Data cleansing | What is data cleansing?

Contents

Introduction

What is data cleansing? Removing null records, removing unnecessary columns, the treatment of missing values, rectification of unwanted values ​​or outliers, restructuring the data to edit it to a more readable format, etc., it is known as data cleansing.

19025pic6-5033516

One of the most common examples of data cleansing is its application in data warehouses. A data warehouse stores a range of data from numerous sources and optimizes it for analysis before any model fit can be performed.

Data cleansing is not just removing existing information to add new information, but find a way to maximize the accuracy of a data set without necessarily giving up existing information. Different types of data will require different types of cleaning, but always remember that the right approach is the deciding factor.

After cleaning the data, will become consistent with other similar data sets in the system.. Let's see the steps to clean the data;

Clear null records / duplicates

If a particular row is missing a significant amount of data, then it would be better to delete that row, since it would not add any value to our model. can impute the value; provide an appropriate substitute for missing data. Also remember to always erase duplicate values / redundant of your dataset, since they could result in a bias in your model.

As an example, consider the student data set with the following records.

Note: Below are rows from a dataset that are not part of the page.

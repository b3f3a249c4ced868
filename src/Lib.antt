-- ===== src/Lib.antt =====
-- map_router: road routing over contraction hierarchies.
--
-- The program has two halves. The preprocessor (cmd/preprocess) reads an OSM extract (pkg/osm),
-- builds a directed road graph in CSR form (pkg/graph), contracts it (pkg/ch) and writes it to a
-- file. The server (cmd/server) loads such files, snaps the two points of a request to roads, runs
-- a bidirectional Dijkstra search over the two upward graphs (pkg/routing), unpacks the path and
-- answers over HTTP (pkg/api). This library models the parts below.
--
-- Heap.antt, Routing/MinHeap.antt: the array heap of pkg/routing/dijkstra.go. `sift_up_loop` and
--   `sift_down_loop` are the loops of `siftUp` and `siftDown`, generic in the item's key.
-- Routing/QueryState.antt: `QueryState` of the same file. `Half` holds the arrays of one direction,
--   and one function at a half stands for the forward and the backward copy of the code.
-- Routing/Search.antt: `runCHDijkstra` of pkg/routing/engine.go. `step` is one half of an iteration
--   (pop, stale test, meeting test, relaxation), `search_loop` the loop. A sum of distances is
--   taken modulo 2^32, as on `uint32`. `cancelled i` is the answer of `ctx.Err()` at iteration `i`.
-- Routing/Unpack.antt: pkg/routing/unpack.go. `unpack_loop` is the inner loop with its stack, whose
--   top comes first.
-- Routing/Snap/Grid.antt, Routing/Snap/Nearest.antt: pkg/routing/snap.go, the grid index and the
--   candidates near a point. `none` of `snap` is `ErrPointTooFar`.
-- Routing/Seed.antt, Routing/Engine.antt: the rest of pkg/routing/engine.go. `query` is what `Route`
--   and `RouteBetweenSnaps` share: the search, its result, and the reset state for the pool.
-- Ch/WitnessHeap.antt, Ch/ContractionPq.antt: the two heaps of pkg/ch, as instances of Heap.antt.
-- Ch/Witness.antt: `batchWitnessSearch` of pkg/ch/witness.go. Ch/Shortcuts.antt, Ch/Contractor.antt
--   and Ch/Overlay.antt: pkg/ch/contractor.go, with `Contraction` as the main loop's variables.
-- Api/Handlers.antt: `HandleRoute` of pkg/api/handlers.go, from the media type and the decoded body
--   to the response. Api/Server.antt: `withMiddleware` of pkg/api/server.go; `Step` is one event, a
--   request that comes in or one whose handler ends, and `Flight` a request with its deferred
--   functions.
-- Graph.antt: the records of pkg/graph/graph.go. Graph/Bytes.antt, Graph/Csr.antt and
--   Graph/Binary.antt: pkg/graph/binary.go, with a file as the list of its bytes.
--   Graph/Split.antt: pkg/graph/binary_split.go. Graph/Build.antt: pkg/graph/builder.go, with the map
--   of the node ids as a list of its entries. Graph/Rows.antt: the counting that it shares with
--   pkg/ch/contractor.go.
-- Graph/UnionFind.antt, Graph/Components.antt, Graph/Filter.antt: pkg/graph/component.go.
-- Geo.antt: pkg/geo/haversine.go. Osm/Access.antt, Osm/Parse.antt: pkg/osm/parser.go.
--   Osm/Speeds.antt: pkg/osm/speeds.go.
-- Sort.antt: what `sort.Slice` promises, as an interface.
-- Base, Run, Load, Array, Word, Float: shared types. `Run` is the outcome of code that may panic on
--   an index, `Load` the outcome of reading a file, `Float` the operations of `float64`.
--
-- Fuel. The sifts take one more step than the index or the length, which is enough because the
-- index halves or doubles. `search_loop` takes its fuel as an argument; `total_work` of
-- Routing/Search/Loop.antt counts the labels that can still be lowered and the entries in the two
-- queues, and any fuel above it is enough. `unpack_loop` takes `hop_fuel 201`
-- and one more, the size of a full binary tree as deep as the code's depth bound. The loops of
-- `reconstruct_overlay_path` take their fuel as an argument, and any above the heights of
-- Routing/Engine/Trace.antt is enough. A witness search takes its fuel as an argument too: its
-- labels and its queue pay for the rounds, so 2^32 for each node is enough. `find_loop` takes any
-- fuel above the heights of its forest: 1 at the start, and one more for a call of `union`. The searches of `compute_scc` take their fuel as an argument.
-- The main loop of `contract` takes a number of rounds, as a node can go back to the queue any
-- number of times.
--
-- Parameters. The CRC-32 of hash/crc32, `osm.Tags.Find`, the objects that osmpbf.Scanner yields, the
-- text functions of strings and strconv, the decoded body of a request, `sort.Slice`, `sort.Search`, the
-- order of a `range` over a map and all of `float64` are arguments of the definitions. A
-- theorem that needs a law of one of them has it as a hypothesis.
--
-- Not modelled: restricted roads (pkg/graph/restricted.go), the other handlers and the programs in
-- cmd. File system errors, log output and timing are outside the model.
pub mod Base
pub mod Run
pub mod Load
pub mod Array
pub mod Word
pub mod Float
pub mod Heap
pub mod Graph
pub mod Routing
pub mod Geo
pub mod Osm
pub mod Tests
pub mod Api
pub mod Ch
pub mod Sort
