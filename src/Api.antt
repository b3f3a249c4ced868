-- ===== src/Api.antt =====
-- pkg/api: the HTTP side of the server.
pub mod Handlers
pub mod Server
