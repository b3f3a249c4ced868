-- ===== src/Base/Tests.antt =====
-- Boolean tests on the native numbers, and how a proof splits on one.
use Prim.Native.Nat.{ℕ, ◌≤◌, ◌<◌, compare, Ordering}
use mathlib.Core.Path.{◌≡◌, refl}
use mathlib.Core.Logic.{◌⊎◌, inl, inr}
use mathlib.Core.Bool.{Bool, true, false}
use native.Mathlib.Omega.{arith}

abbrev pub ltb : ℕ → ℕ → Bool
ltb a b = elim (compare a b) [ Ordering.lt ↦ true | _ ↦ false ]

abbrev pub leb : ℕ → ℕ → Bool
leb a b = elim (compare a b) [ Ordering.gt ↦ false | _ ↦ true ]

infix 50 ◌==◌
abbrev pub ◌==◌ : ℕ → ℕ → Bool
a == b = elim (compare a b) [ Ordering.eq ↦ true | _ ↦ false ]

infix 1 if◌then◌else◌
abbrev pub if◌then◌else◌ {ℓ} : {A : Type ℓ} → Bool → A → A → A
if true then x else y = x
if false then x else y = y

pub lt_of_ltb : (a b : ℕ) → ltb a b ≡ true → a < b
lt_of_ltb a b h = ground arith

pub le_of_ltb : (a b : ℕ) → ltb a b ≡ false → b ≤ a
le_of_ltb a b h = ground arith

pub ltb_of_lt : (a b : ℕ) → a < b → ltb a b ≡ true
ltb_of_lt a b h = ground arith

pub ltb_of_le : (a b : ℕ) → b ≤ a → ltb a b ≡ false
ltb_of_le a b h = ground arith

pub le_of_leb : (a b : ℕ) → leb a b ≡ true → a ≤ b
le_of_leb a b h = ground arith

pub lt_of_leb : (a b : ℕ) → leb a b ≡ false → b < a
lt_of_leb a b h = ground arith

pub Bool-cases : (b : Bool) → (b ≡ true) ⊎ (b ≡ false)
Bool-cases true = inl refl
Bool-cases false = inr refl

pub ==-refl : (a : ℕ) → (a == a) ≡ true
==-refl a = ground arith

-- A predicate holds of an `if` when it holds of each branch under the outcome of the test.
pub if-holds {ℓ κ} :
    {A : Type ℓ} (P : A → Type κ) (b : Bool) {x y : A}
    → (b ≡ true → P x)
    → (b ≡ false → P y)
    → P (if b then x else y)
if-holds P true t e = t refl
if-holds P false t e = e refl
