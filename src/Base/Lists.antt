-- ===== src/Base/Lists.antt =====
-- Slices as lists under native indices.
use Prim.Native.Nat.{ℕ, zero, suc, ◌+◌, ◌≤◌}
use mathlib.Core.Path.{◌≡◌, refl, ap, ◌∙◌}
use mathlib.Core.Bool.{Bool, false, ◌||◌, Bool-set}
use mathlib.Core.Logic.{◌⊎◌, inl, inr, ∥∥₁_elim}
use mathlib.Core.Option.{Option, none, some}
use mathlib.Core.List.{List, [], ◌∷◌, ◌++◌, Perm, Permᴰ}
use native.Mathlib.Omega.{arith}

module _ {ℓ} {A : Type ℓ} where
  abbrev pub length : List A → ℕ
  length [] = 0
  length (x ∷ xs) = suc (length xs)

  abbrev pub get_elem? : List A → ℕ → Option A
  get_elem? [] i = none
  get_elem? (x ∷ xs) zero = some x
  get_elem? (x ∷ xs) (suc i) = get_elem? xs i

  -- A write past the end changes nothing; the code's writes go through `Array.put`, which panics.
  abbrev pub set : List A → ℕ → A → List A
  set [] i v = []
  set (x ∷ xs) zero v = v ∷ xs
  set (x ∷ xs) (suc i) v = x ∷ set xs i v

  abbrev pub take : ℕ → List A → List A
  take zero xs = []
  take (suc n) [] = []
  take (suc n) (x ∷ xs) = x ∷ take n xs

  abbrev pub drop : ℕ → List A → List A
  drop zero xs = xs
  drop (suc n) [] = []
  drop (suc n) (x ∷ xs) = drop n xs

  abbrev pub replicate : ℕ → A → List A
  replicate zero x = []
  replicate (suc n) x = x ∷ replicate n x

  pub length-append : (xs ys : List A) → length (xs ++ ys) ≡ length xs + length ys
  length-append [] ys = omega arith
  length-append (x ∷ xs) ys = omega (arith, length-append xs ys)

  pub length-set : (xs : List A) (i : ℕ) (v : A) → length (set xs i v) ≡ length xs
  length-set [] i v = refl
  length-set (x ∷ xs) zero v = refl
  length-set (x ∷ xs) (suc i) v = ap suc (length-set xs i v)

  pub length-replicate : (n : ℕ) (x : A) → length (replicate n x) ≡ n
  length-replicate zero x = refl
  length-replicate (suc n) x = ap suc (length-replicate n x)

  pub length-take : (n : ℕ) (xs : List A) → n ≤ length xs → length (take n xs) ≡ n
  length-take zero xs h = refl
  length-take (suc n) [] h = absurd (omega arith)
  length-take (suc n) (x ∷ xs) h = ap suc (length-take n xs (omega arith))

  -- Whether an entry passes the test.
  abbrev pub any_of : (A → Bool) → List A → Bool
  any_of test [] = false
  any_of test (x ∷ xs) = test x || any_of test xs

  Permᴰ-any_of :
      (test : A → Bool) {before after : List A}
      → Permᴰ before after
      → any_of test before ≡ any_of test after
  Permᴰ-any_of test (Permᴰ.trans q r) = Permᴰ-any_of test q ∙ Permᴰ-any_of test r
  Permᴰ-any_of test (Permᴰ.cons e q) = cc (ap test e, Permᴰ-any_of test q)
  Permᴰ-any_of test (Permᴰ.swap e e2) = ground (arith, ap test e, ap test e2)
  Permᴰ-any_of test Permᴰ.nil = refl

  pub any_of-perm :
      (test : A → Bool) {before after : List A}
      → Perm before after
      → any_of test before ≡ any_of test after
  any_of-perm test q = ∥∥₁_elim q (Bool-set _ _) (Permᴰ-any_of test)

-- The places of an element in a list.
pub data In {ℓ} {A : Type ℓ} (x : A) : List A → Type ℓ where
  here : {xs : List A} → In x (x ∷ xs)
  there : {y : A} {xs : List A} → In x xs → In x (y ∷ xs)

module _ {ℓ} {A : Type ℓ} {x : A} where
  pub In-left : {xs : List A} (ys : List A) → In x xs → In x (xs ++ ys)
  In-left ys here = here
  In-left ys (there p) = there (In-left ys p)

  pub In-right : (xs : List A) {ys : List A} → In x ys → In x (xs ++ ys)
  In-right [] p = p
  In-right (y ∷ xs) p = there (In-right xs p)

  pub In-append : (xs ys : List A) → In x (xs ++ ys) → In x xs ⊎ In x ys
  In-append [] ys p = inr p
  In-append (y ∷ xs) ys here = inl here
  In-append (y ∷ xs) ys (there p) = elim (In-append xs ys p) [
    | inl q ↦ inl (there q)
    | inr q ↦ inr q
  ]

  pub In-one : {y : A} → In x (y ∷ []) → x ≡ y
  In-one here = refl
  In-one (there p) = elim p [ ]
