-- ===== src/Base/Int.antt =====
-- Signed integers: `negsuc n` is -(n + 1).
use Prim.Native.Nat.{ℕ, suc, ◌+◌, ◌-◌, ◌≤◌}
use mathlib.Core.Bool.{Bool}
use mathlib.Core.Path.{◌≡◌, ap}
use native.Mathlib.Omega.{arith}
use map_router.Base.Tests.{ltb, leb, if◌then◌else◌}

pub data ℤ : Type 0 where
  pos : ℕ → ℤ
  negsuc : ℕ → ℤ

abbrev pub pos_part : ℤ → ℕ
pos_part (pos n) = n
pos_part (negsuc n) = 0

abbrev pub neg_part : ℤ → ℕ
neg_part (pos n) = 0
neg_part (negsuc n) = suc n

-- a - b, as an integer.
abbrev pub sub_ℕ : ℕ → ℕ → ℤ
sub_ℕ a b = if leb b a then pos (a - b) else negsuc (b - a - 1)

infixl 65 ◌+ℤ◌
infix 50 ◌≤ℤ◌
unfoldable pub ◌+ℤ◌ : ℤ → ℤ → ℤ
a +ℤ b = sub_ℕ (pos_part a + pos_part b) (neg_part a + neg_part b)

abbrev pub ◌≤ℤ◌ : ℤ → ℤ → Type 0
a ≤ℤ b = pos_part a + neg_part b ≤ pos_part b + neg_part a

-- The tests `a < b` and `a <= b`.
abbrev pub ltb_ℤ : ℤ → ℤ → Bool
ltb_ℤ a b = ltb (pos_part a + neg_part b) (pos_part b + neg_part a)

abbrev pub leb_ℤ : ℤ → ℤ → Bool
leb_ℤ a b = leb (pos_part a + neg_part b) (pos_part b + neg_part a)

pub ℤ-ext : (a b : ℤ) → pos_part a + neg_part b ≡ pos_part b + neg_part a → a ≡ b
ℤ-ext (pos m) (pos n) e = ap pos (omega arith)
ℤ-ext (pos m) (negsuc n) e = absurd (omega arith)
ℤ-ext (negsuc m) (pos n) e = absurd (omega arith)
ℤ-ext (negsuc m) (negsuc n) e = ap negsuc (omega arith)

pub sub_ℕ-parts : (a b : ℕ) → pos_part (sub_ℕ a b) + b ≡ neg_part (sub_ℕ a b) + a
sub_ℕ-parts a b = ground arith

pub +ℤ-parts :
    (a b : ℤ)
    → pos_part (a +ℤ b) + (neg_part a + neg_part b) ≡ neg_part (a +ℤ b) + (pos_part a + pos_part b)
unfolding ◌+ℤ◌
+ℤ-parts a b = sub_ℕ-parts (pos_part a + pos_part b) (neg_part a + neg_part b)
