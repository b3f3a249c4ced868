-- ===== src/Run.antt =====
-- How a piece of Go code ends: with a value, by a run-time panic (an index out of range), or,
-- in the model only, because a loop's fuel ran out. `Ensures P r` is total correctness: the code
-- ends with a value, and the value satisfies `P`.
use map_router.Base.{◌≡◌, refl, Bool, true, false, if◌then◌else◌}

pub data Run {ℓ} (A : Type ℓ) : Type ℓ where
  ok : A → Run A
  panic out_of_fuel : Run A

infixl 5 ◌>>=◌
abbrev pub ◌>>=◌ {ℓ κ} : {A : Type ℓ} {B : Type κ} → Run A → (A → Run B) → Run B
ok a >>= f = f a
panic >>= f = panic
out_of_fuel >>= f = out_of_fuel

pub data Ensures {ℓ κ} {A : Type ℓ} (P : A → Type κ) : Run A → Type (ℓ ⊔ κ) where
  ensures : {a : A} → P a → Ensures P (ok a)

module _ {ℓ κ} {A : Type ℓ} {P : A → Type κ} where
  pub Ensures-bind {μ ν} :
      {B : Type μ} {Q : B → Type ν} {m : Run A} {f : A → Run B}
      → Ensures P m
      → ((a : A) → P a → Ensures Q (f a))
      → Ensures Q (m >>= f)
  Ensures-bind (ensures p) rest = rest _ p

  pub Ensures-mono {ν} :
      {Q : A → Type ν} {m : Run A} → ((a : A) → P a → Q a) → Ensures P m → Ensures Q m
  Ensures-mono weaken (ensures p) = ensures (weaken _ p)

  -- The branches of a test, each with the outcome of the test.
  pub Ensures-if :
      (b : Bool) {then_run else_run : Run A}
      → (b ≡ true → Ensures P then_run)
      → (b ≡ false → Ensures P else_run)
      → Ensures P (if b then then_run else else_run)
  Ensures-if true t e = t refl
  Ensures-if false t e = e refl

  -- The value that the code ends with.
  pub Ensures-value : {m : Run A} → Ensures P m → (a : A) × (m ≡ ok a) × P a
  Ensures-value (ensures p) = (_, refl, p)

pub >>=-assoc {ℓ κ μ} :
    {A : Type ℓ} {B : Type κ} {C : Type μ} (m : Run A) (f : A → Run B) (g : B → Run C)
    → ((m >>= f) >>= g) ≡ (m >>= λ a. f a >>= g)
>>=-assoc (ok a) f g = refl
>>=-assoc panic f g = refl
>>=-assoc out_of_fuel f g = refl

pub >>=-cong {ℓ κ} :
    {A : Type ℓ} {B : Type κ} (m : Run A) (f g : A → Run B)
    → ((a : A) → f a ≡ g a)
    → (m >>= f) ≡ (m >>= g)
>>=-cong (ok a) f g h = h a
>>=-cong panic f g h = refl
>>=-cong out_of_fuel f g h = refl

pub >>=-ok {ℓ} : {A : Type ℓ} (m : Run A) → (m >>= λ a. ok a) ≡ m
>>=-ok (ok a) = refl
>>=-ok panic = refl
>>=-ok out_of_fuel = refl
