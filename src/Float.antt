-- ===== src/Float.antt =====
-- `float64`: a type with the operations of Go and of package math that the program uses. There is
-- no model of floating point behind it; a theorem that needs a law of a comparison names it.
use map_router.Base.{ℕ, Bool, ℤ}

pub record Float : Type 1 where
  pub F : Type 0
  -- The literal `p / q`, as in `1.609344` for `of_ratio 1609344 1000000`.
  pub of_ratio : ℕ → ℕ → F
  pub neg : F → F
  pub add : F → F → F
  pub sub : F → F → F
  pub mul : F → F → F
  pub div : F → F → F
  -- The tests `x < y`, `x <= y` and `x == y`, false at NaN.
  pub lt : F → F → Bool
  pub le : F → F → Bool
  pub eq : F → F → Bool
  -- `float64(w)` of a `uint32`, and `uint32(math.Round(x))`.
  pub of_u32 : ℕ → F
  pub round_u32 : F → ℕ
  -- `int32(math.Floor(x))`, and the conversion `int32(x)`, which cuts the fraction off.
  pub floor_i32 : F → ℤ
  pub trunc_i32 : F → ℤ
  pub abs : F → F
  pub min : F → F → F
  pub max : F → F → F
  -- `math.Inf(1)`
  pub inf : F
  pub pi : F
  pub sin : F → F
  pub cos : F → F
  pub sqrt : F → F
  pub atan2 : F → F → F
  pub is_nan : F → Bool
  pub is_inf : F → Bool
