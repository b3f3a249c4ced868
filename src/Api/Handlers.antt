-- ===== src/Api/Handlers.antt =====
-- pkg/api/handlers.go and pkg/api/models.go: `HandleRoute` from the request's media type and decoded
-- body to the response. `mime.ParseMediaType` and the JSON decoder, which limits the body to 1024
-- bytes, are parameters: their results are arguments. A router is a function.
pub mod Outcome
use Prim.Native.String.{String}
use text.Mathlib.Text.{◌==◌ as str_eq}
use map_router.Base.{
  ℕ, Bool, true, false, not, ◌&&◌, ◌||◌, List, [], ◌∷◌, Option, none, some, map, if◌then◌else◌,
}
use map_router.Run.{Run, ok, panic}
use map_router.Float.{Float}

abbrev pub metric_time : String
metric_time = "time"

abbrev pub metric_distance : String
metric_distance = "distance"

-- What `errors.Is` says of an error of the router.
pub record RouteError : Type 0 where
  pub is_point_too_far : Bool
  pub is_no_route : Bool
  pub is_canceled : Bool
  pub is_deadline_exceeded : Bool

module _ (f : Float) where
  open f use {F, of_ratio, neg, lt, is_nan, is_inf}

  pub record LatLng : Type 0 where
    pub lat : F
    pub lng : F

  -- `RouteRequest`; an absent metric is the empty text.
  pub record RouteRequest : Type 0 where
    pub start : LatLng
    pub end : LatLng
    pub metric : String

  pub record Segment : Type 0 where
    pub distance_meters : F
    pub geometry : List LatLng

  pub record RouteResult : Type 0 where
    pub total_distance_meters : F
    pub duration_seconds : F
    pub segments : List Segment

  pub record RouteResponse : Type 0 where
    pub total_distance_meters : F
    pub segments : List Segment

  pub data Routed : Type 0 where
    found : RouteResult → Routed
    failed : RouteError → Routed

  abbrev pub Router : Type 0
  Router = LatLng → LatLng → Routed

  -- The status and the body that is written: an error code with its field, or a route.
  pub data Response : Type 0 where
    write_error : ℕ → String → String → Response
    write_route : RouteResponse → Response

  pub record Handlers : Type 0 where
    pub routers : String → Option Router

  -- `NewHandlersMulti`
  unfoldable pub new_handlers_multi : (String → Option Router) → Run Handlers
  new_handlers_multi routers = elim (routers metric_time) [
    | none ↦ panic
    | some r ↦ ok (record { routers = routers })
  ]

  -- `validateCoord` returns no error.
  pub validate_coord : LatLng → Bool
  validate_coord p =
      let ninety = of_ratio 90 1 in
      let half_turn = of_ratio 180 1 in
      if is_nan p.lat || is_nan p.lng || is_inf p.lat || is_inf p.lng
      then false
      else not (
          lt p.lat (neg ninety)
          || lt ninety p.lat
          || lt p.lng (neg half_turn)
          || lt half_turn p.lng)

  route_error : RouteError → Response
  route_error e =
      if e.is_point_too_far
      then write_error 422 "point_too_far_from_road" ""
      else if e.is_no_route
      then write_error 404 "no_route_found" ""
      else if e.is_canceled || e.is_deadline_exceeded
      then write_error 503 "request_timeout" ""
      else write_error 500 "internal_error" ""

  -- The response is built segment by segment; the duration is left out.
  route_response : RouteResult → RouteResponse
  route_response r = record {
    total_distance_meters = r.total_distance_meters;
    segments = r.segments;
  }

  answer : Routed → Response
  answer (found r) = write_route (route_response r)
  answer (failed e) = route_error e

  ask : Option Router → RouteRequest → Response
  ask none req = write_error 400 "metric_unavailable" "metric"
  ask (some router) req = answer (router req.start req.end)

  abbrev pub metric_of : RouteRequest → String
  metric_of req = if str_eq req.metric "" then metric_time else req.metric

  handle_request : Handlers → Option RouteRequest → Response
  handle_request h none = write_error 400 "invalid_request" ""
  handle_request h (some req) =
      let metric = metric_of req in
      if not (validate_coord req.start)
      then write_error 400 "invalid_coordinates" "start"
      else if not (validate_coord req.end)
      then write_error 400 "invalid_coordinates" "end"
      else if not (str_eq metric metric_time) && not (str_eq metric metric_distance)
      then write_error 400 "invalid_request" "metric"
      else ask (h.routers metric) req

  -- `HandleRoute`
  pub handle_route : Handlers → String → Option RouteRequest → Response
  handle_route h media_type body =
      if not (str_eq media_type "application/json")
      then write_error 400 "invalid_request" ""
      else handle_request h body
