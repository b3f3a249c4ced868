-- ===== src/Api/Handlers/Outcome.antt =====
-- When `HandleRoute` answers with a route.
use Prim.Native.String.{String}
use text.Mathlib.Text.{◌==◌ as str_eq}
use map_router.Base.{
  ◌≡◌, ◌↔◌, refl, Bool, true, false, not, ◌&&◌, ◌||◌, Option, none, some, arith, if◌then◌else◌,
}
use map_router.Float.{Float}
use map_router.Api.Handlers.{
  metric_time, metric_distance, RouteRequest, RouteResult, RouteResponse, Routed, Router, found,
  failed, Response, write_error, write_route, Handlers, validate_coord, route_error, route_response,
  answer, ask, metric_of, handle_request, handle_route,
}

module _ (f : Float) (h : Handlers f) (media_type : String) where
  -- What must hold of a request for a route to be its answer: JSON, both points valid, a known metric that is
  -- loaded, and a router that finds a route.
  pub record IsServed (req : RouteRequest f) (r : RouteResponse f) : Type 0 where
    pub json : str_eq media_type "application/json" ≡ true
    pub start_valid : validate_coord f req.start ≡ true
    pub end_valid : validate_coord f req.end ≡ true
    pub known :
        str_eq (metric_of f req) metric_time || str_eq (metric_of f req) metric_distance ≡ true
    pub router : Router f
    pub loaded : h.routers (metric_of f req) ≡ some router
    pub result : RouteResult f
    pub routed : router req.start req.end ≡ found result
    pub response : r ≡ record {
      total_distance_meters = result.total_distance_meters;
      segments = result.segments;
    }

  -- A route gets past the four guards only.
  gates :
      (json start end time distance : Bool) (x : Response f) (r : RouteResponse f)
      → (if not json
          then write_error 400 "invalid_request" ""
          else if not start
          then write_error 400 "invalid_coordinates" "start"
          else if not end
          then write_error 400 "invalid_coordinates" "end"
          else if not time && not distance
          then write_error 400 "invalid_request" "metric"
          else x)
        ≡ write_route r
      → (json ≡ true)
        × (start ≡ true)
        × (end ≡ true)
        × (time || distance ≡ true)
        × (x ≡ write_route r)
  gates json start end time distance x r e = ground arith

  -- A request is answered with a route exactly if it is served: every other one gets an error.
  pub handle_route-IsServed :
      (req : RouteRequest f) (r : RouteResponse f)
      → (handle_route f h media_type (some req) ≡ write_route r) ↔ IsServed req r
  unfolding handle_route handle_request ask answer route_response route_error
  handle_route-IsServed req r = (served, serves)
    where
      answered :
          (a : Routed f)
          → answer f a ≡ write_route r
          → (result : RouteResult f) × (a ≡ found result)
            × (r ≡ record {
              total_distance_meters = result.total_distance_meters;
              segments = result.segments;
            })
      answered (found result) e = (result, refl, cc)
      answered (failed err) e = absurd (ground arith)

      asked :
          (o : Option (Router f))
          → ask f o req ≡ write_route r
          → (router : Router f) × (o ≡ some router)
            × (answer f (router req.start req.end) ≡ write_route r)
      asked none e = absurd (ground arith)
      asked (some router) e = (router, refl, e)

      served : handle_route f h media_type (some req) ≡ write_route r → IsServed req r
      served e =
          let guards : (str_eq media_type "application/json" ≡ true)
              × (validate_coord f req.start ≡ true)
              × (validate_coord f req.end ≡ true)
              × (str_eq (metric_of f req) metric_time || str_eq (metric_of f req) metric_distance
                  ≡ true)
              × (ask f (h.routers (metric_of f req)) req ≡ write_route r) =
            gates _ _ _ _ _ (ask f (h.routers (metric_of f req)) req) r e in
          let (router, loaded, e') = asked (h.routers (metric_of f req)) guards.4 in
          let (result, routed, response) = answered (router req.start req.end) e' in
          record {
            json = guards.0;
            start_valid = guards.1;
            end_valid = guards.2;
            known = guards.3;
            router = router;
            loaded = loaded;
            result = result;
            routed = routed;
            response = response;
          }

      serves : IsServed req r → handle_route f h media_type (some req) ≡ write_route r
      serves s =
          let kept : not (str_eq (metric_of f req) metric_time)
                && not (str_eq (metric_of f req) metric_distance)
              ≡ false =
            let k = s.known in ground arith in
          rw (s.json, s.start_valid, s.end_valid, kept, s.loaded, s.routed, s.response) refl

Name score Address height weight
A 56 Go to 165 56
B 45 Bombay 3 Sixty-five
C 87 Delhi 170 58
D
me 99 Mysore 167 60

As we see that it corresponds to the student's name “D”, most data is missing, therefore, we discard that particular row.

student_df.dropna() # drops rows with 1 or more Nan value

#production

Name score Address height weight
A 56 Go to 165 56
B 45 Bombay 3 Sixty-five
C 87 Delhi 170 58
me 99 Mysore 167 60

Delete unnecessary columns

When we receive data from interested parties, in general it is huge. There may be a data record that might not add any value to our model. It is better to delete this data, since it would do it with valuable resources such as memory and processing time.

As an example, observing student performance on a test, the weight or height of the students have nothing to contribute to the model.

student_df.drop(['height','weight'], axis = 1,inplace=True) #Drops Height column form the dataframe

#Production

Name score Address
A 56 Go to
B 45 Bombay
C 87 Delhi
me 99 Mysore

Rename columns

It is always best to rename the columns and format them to the most readable format that both the data scientist and the company can understand.. As an example, in the student data set, rename column “Name” What “Sudent_Name” makes sense.

student_df.rename(columns={'name': 'Student_Name'}, inplace=True) #renames name column to Student_Name

#Production

Student name score Address
A 56 Go to
B 45 Bombay
C 87 Delhi
me 99 Mysore

Deal with missing values

There are many alternatives to take care of missing values ​​in a dataset. It is up to the data scientist and data set at hand to select the most appropriate method. The most used methods are the imputation of the data set with mean, average or fashion. Deleting those particular records with one or more missing values ​​and, in some cases, creating machine learning algorithms like linear regression and nearest neighbor K is also used to deal with missing values.

Student name score Address
A 56 Go to
B 45 Bombay
C Delhi
me 99 Mysore
Student_df['col_name'].fillna((Student_df['col_name'].mean()), inplace=True) # Na values in col_name is replaced with mean

#Production

Student name score Address
A 96 Go to
B 45 Bombay
C 66 Delhi
me 99 Mysore

Detection of atypical values

Outliers can be considered as noise in the data set. There can be multiple reasons for outliers, as data entry error, error manual, error experimental, etc.

As an example, in the following example, student's score “B” you enter 130, which is clearly not correct.

Student name score Address height weight
A 56 Go to 165 56
B 45 Bombay 3 Sixty-five
C 66 Delhi 170 58
me 99 Mysore 167 60

Plotting the height on a box plot gives the following result

18216pic5-6646427

Not all extreme values ​​are outliers, some may also lead to interesting discoveries, but that's a topic for another day. Tests such as the Z-score test can be used, the box plot or simply plotting the data on the graph will reveal the outliers.

Reform / restructure the data

Most of the business data provided to the data scientist is not in the most readable format. It is our job to reshape the data and bring it into a format that can be used for analysis.. As an example, creating a new variable from existing variables or combining 2 or more variables.

Footnotes

Certainly, there are many benefits of working with clean data, few of which are the improved accuracy of the models, better decision-making by stakeholders, the ease of model implementation and parameter adjustment, saving time and resources, and many more. Always remember to clean the data as the first and most important step before fitting any model.

References

https://realpython.com/

https://www.geeksforgeeks.org/

The media shown in this post is not the property of DataPeaker and is used at the author's discretion.

Subscribe to our Newsletter

We will not send you SPAM mail. We hate it as much as you.